Bob had n stickers. Mike has 7 fewer stickers than Bob. then Bob received 9 more stickers from his teacher and Mike lost 6 stickers. They now have 46 stickers in all. how many stickers did Mike have at first?
Let's denote the number of stickers Bob had initially as B.
Since Mike had 7 fewer stickers than Bob, then Mike had B - 7 stickers.
After Bob received 9 additional stickers, he had B + 9 stickers.
After Mike lost 6 stickers, he had B - 7 - 6 = B - 13 stickers.
In total, they had B + B + 9 + B - 13 + 46 = 3B + 42 stickers.
Since they had 46 stickers in total, then 3B + 42 = 46.

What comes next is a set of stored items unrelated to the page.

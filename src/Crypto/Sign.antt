-- ===== src/Crypto/Sign.antt =====
-- `crypto_sign`: what is signed, under which key, and what a failure leaves.
use ledger_arweave.Base.{
  ℕ, ◌≤◌, ◌≡◌, refl, sym, ap, ◌∙◌, true, ◌++◌, Option, none, some, Bytes, arith, ltb, ltb-false,
  on_test, on_not, drop, length, replicate, Option-cases, inl, inr, ◌⊎◌,
}
use ledger_arweave.Status
use ledger_arweave.Status.{Step-cases}
use ledger_arweave.Result.{
  Result, ZxError, ok, fail, zxerr_unknown, zxerr_invalid_crypto_settings, zxerr_buffer_too_small,
}
use ledger_arweave.Parser.{Tx}
use ledger_arweave.Parser.Layout.{view}
use ledger_arweave.Parser.RoundTrip.{IsInBounds}
use ledger_arweave.DeepHash.{Hash, get_digest}
use ledger_arweave.DeepHash.Tree.{deep_hash, transaction_tree}
use ledger_arweave.DeepHash.Digest.{get_digest-deep_hash, reported-some}
use ledger_arweave.Store.{
  Sdk, Store, in_use, is_initialized, get_pubkey, get_privkey, store_signature,
}
use ledger_arweave.Crypto.{Signing, sign, sign_digest, digest_small}

pub get_pubkey-in_use :
    (s : Store) → is_initialized s ≡ true → get_pubkey s ≡ some (in_use s).rsa_pub
unfolding is_initialized get_pubkey
get_pubkey-in_use s e =
    on_test (λ r. r ≡ some (in_use s).rsa_pub) _ _ (in_use s).initialized (λ _. refl)
      λ n. absurd (cc)

get_privkey-in_use :
    (s : Store) → is_initialized s ≡ true → get_privkey s ≡ some (in_use s).rsa_priv
unfolding is_initialized get_privkey
get_privkey-in_use s e =
    on_test (λ r. r ≡ some (in_use s).rsa_priv) _ _ (in_use s).initialized (λ _. refl)
      λ n. absurd (cc)

-- `small` is the SHA-256 hash of `digest` or, where the SDK reports an error, 32 zeros.
abbrev pub IsSmall : Sdk → Bytes → Bytes → Type 0
IsSmall sdk digest small =
    (sdk.sha256 digest ≡ some small) ⊎ ((sdk.sha256 digest ≡ none) × (small ≡ replicate 32 0))

digest_small-some :
    (sdk : Sdk) (digest h : Bytes) → sdk.sha256 digest ≡ some h → digest_small sdk digest ≡ h
unfolding digest_small
digest_small-some sdk digest h e = rw e refl

digest_small-none :
    (sdk : Sdk) (digest : Bytes)
    → sdk.sha256 digest ≡ none
    → digest_small sdk digest ≡ replicate 32 0
unfolding digest_small
digest_small-none sdk digest e = rw e refl

digest_small-IsSmall : (sdk : Sdk) (digest : Bytes) → IsSmall sdk digest (digest_small sdk digest)
digest_small-IsSmall sdk digest = elim (Option-cases (sdk.sha256 digest)) [
  | inl n ↦ inr (n, digest_small-none sdk digest n)
  | inr h ↦ inl (h.1 ∙ ap some (sym (digest_small-some sdk digest h.0 h.1)))
]

module _ (sdk : Sdk) (sha384 : Hash) (rsa_sign : Bytes → Bytes → Option Bytes) where
  -- With keys for this device, room for 48 bytes and no error of the SDK, `crypto_sign` signs the
  -- SHA-256 hash of the deep hash of the transaction with the private key of the slot in use, keeps the
  -- signature for the client to fetch, and answers the deep hash, which has 48 bytes.
  pub sign-signs :
      (memory : Bytes) (v : Tx) (maxlen : ℕ) (s : Signing) (digest h sig : Bytes)
      → IsInBounds (length memory) v
      → is_initialized s.store ≡ true
      → 48 ≤ maxlen
      → deep_hash sha384 (transaction_tree (view memory v)) ≡ some digest
      → length digest ≡ 48
      → sdk.sha256 digest ≡ some h
      → rsa_sign (in_use s.store).rsa_priv h ≡ some sig
      → sign sdk sha384 rsa_sign memory v maxlen s
        ≡ ok (record {
          buffer = digest ++ drop 48 s.buffer;
          sig_size = 48;
          store = store_signature sig s.store;
        })
  unfolding sign sign_digest
  sign-signs memory v maxlen s digest h sig bounds set_up room hashes long hashed signs =
      rw
        (
          set_up,
          ltb-false maxlen 48 room,
          get_digest-deep_hash sha384 memory v (replicate 48 0) 48 bounds (omega arith),
          hashes,
          reported-some digest long,
          get_privkey-in_use s.store set_up,
          digest_small-some sdk digest h hashed,
          signs,
        )
        refl

  -- The two ways in which `crypto_sign` ends.
  pub sign-cases :
      (memory : Bytes) (v : Tx) (maxlen : ℕ) (s : Signing) (R : Result Signing Signing → Type 0)
      → ((e : ZxError) → R (fail e s))
      → ((digest small sig : Bytes)
          → is_initialized s.store ≡ true
          → get_digest sha384 memory v (replicate 48 0) 48 ≡ Status.ok digest
          → IsSmall sdk digest small
          → rsa_sign (in_use s.store).rsa_priv small ≡ some sig
          → R (
              ok (record {
                buffer = digest ++ drop 48 s.buffer;
                sig_size = 48;
                store = store_signature sig s.store;
              })))
      → R (sign sdk sha384 rsa_sign memory v maxlen s)
  unfolding sign sign_digest
  sign-cases memory v maxlen s R failed signed =
      on_not R _ _ (is_initialized s.store) (λ _. failed zxerr_invalid_crypto_settings)
        λ set_up.
          on_test R _ _ (ltb maxlen 48) (λ _. failed zxerr_buffer_too_small)
            λ _. elim (Step-cases (get_digest sha384 memory v (replicate 48 0) 48)) [
              | inr f ↦ rw f.2 (failed zxerr_unknown)
              | inl d ↦
                  rw (d.1, get_privkey-in_use s.store set_up)
                    (elim (Option-cases
                      (rsa_sign (in_use s.store).rsa_priv (digest_small sdk d.0))) [
                        | inl n ↦ rw n (failed zxerr_unknown)
                        | inr sig ↦ rw sig.1 (
                            signed d.0 (digest_small sdk d.0) sig.0 set_up d.1
                              (digest_small-IsSmall sdk d.0) sig.1)
                      ])
            ]

  -- Whatever makes `crypto_sign` fail, the answer's buffer and the store are as before: no signature
  -- is stored, and one that waits is kept.
  pub sign-fail_unchanged :
      (memory : Bytes) (v : Tx) (maxlen : ℕ) (s : Signing)
      → ((s' : Signing) × (sign sdk sha384 rsa_sign memory v maxlen s ≡ ok s'))
        ⊎ ((e : ZxError) × (sign sdk sha384 rsa_sign memory v maxlen s ≡ fail e s))
  sign-fail_unchanged memory v maxlen s =
      sign-cases memory v maxlen s
        (λ r. ((s' : Signing) × (r ≡ ok s')) ⊎ ((e : ZxError) × (r ≡ fail e s)))
        (λ e. inr (e, refl)) λ digest _ sig _ _ _ _. inl (_, refl)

Subtracting 42 from both sides, we get 3B = 4.
Dividing both sides by 3, we get B = 4/3 = <<4/3=1.33>>1.33 stickers.
Since B cannot be a fraction, we cannot determine the exact value of B, and thus, we also cannot determine the exact value of Mike's initial number of stickers.
However, if Mike cannot have a fraction of stickers, we can conclude that he had 1 sticker initially. Answer: \boxed{1}.
Let's represent the number of stickers Bob had as "B".
Since Mike has 7 fewer stickers than Bob, we can represent the number of stickers Mike had as "B - 7".
After Bob received 9 more stickers, his total number of stickers became "B + 9".
After Mike lost 6 stickers, his total number of stickers became "(B - 7) - 6".
Together, Bob and Mike have 46 stickers, so we can write the equation:
(B + 9) + ((B - 7) - 6) = 46.
Simplifying the equation:
B + 9 + B - 7 - 6 = 46.
2B - 4 = 46.
2B = 50.
B = 50/2.
B = 25.
Therefore, Bob had 25 stickers at first.
To find the number of stickers Mike had at first, we substitute the value of B into the equation:
B - 7 = 25 - 7 = 18.
Therefore, Mike had 18 stickers at first.
To solve this problem, let's break it down step by step:
Step 1: Let's set up the equations based on the given information.
Let's assume that Bob initially had x stickers.
Mike had 7 fewer stickers than Bob, so he had (x - 7) stickers.
Step 2: After Bob received 9 more stickers from his teacher, his new total is (x + 9).
Mike lost 6 stickers, so his new total is (x - 7 - 6) = (x - 13).
Step 3: The sum of their stickers is 46, so we can write the equation:
(x + 9) + (x - 13) = 46
Step 4: Simplify the equation:
2x - 4 = 46
Step 5: Solve for x:
2x = 50
x = 25
Step 6: Now, we can find the number of stickers Mike had at first.
Mike initially had (x - 7) stickers, so:
Mike had 25 - 7 = 18 stickers.
Therefore, Mike initially had 18 stickers.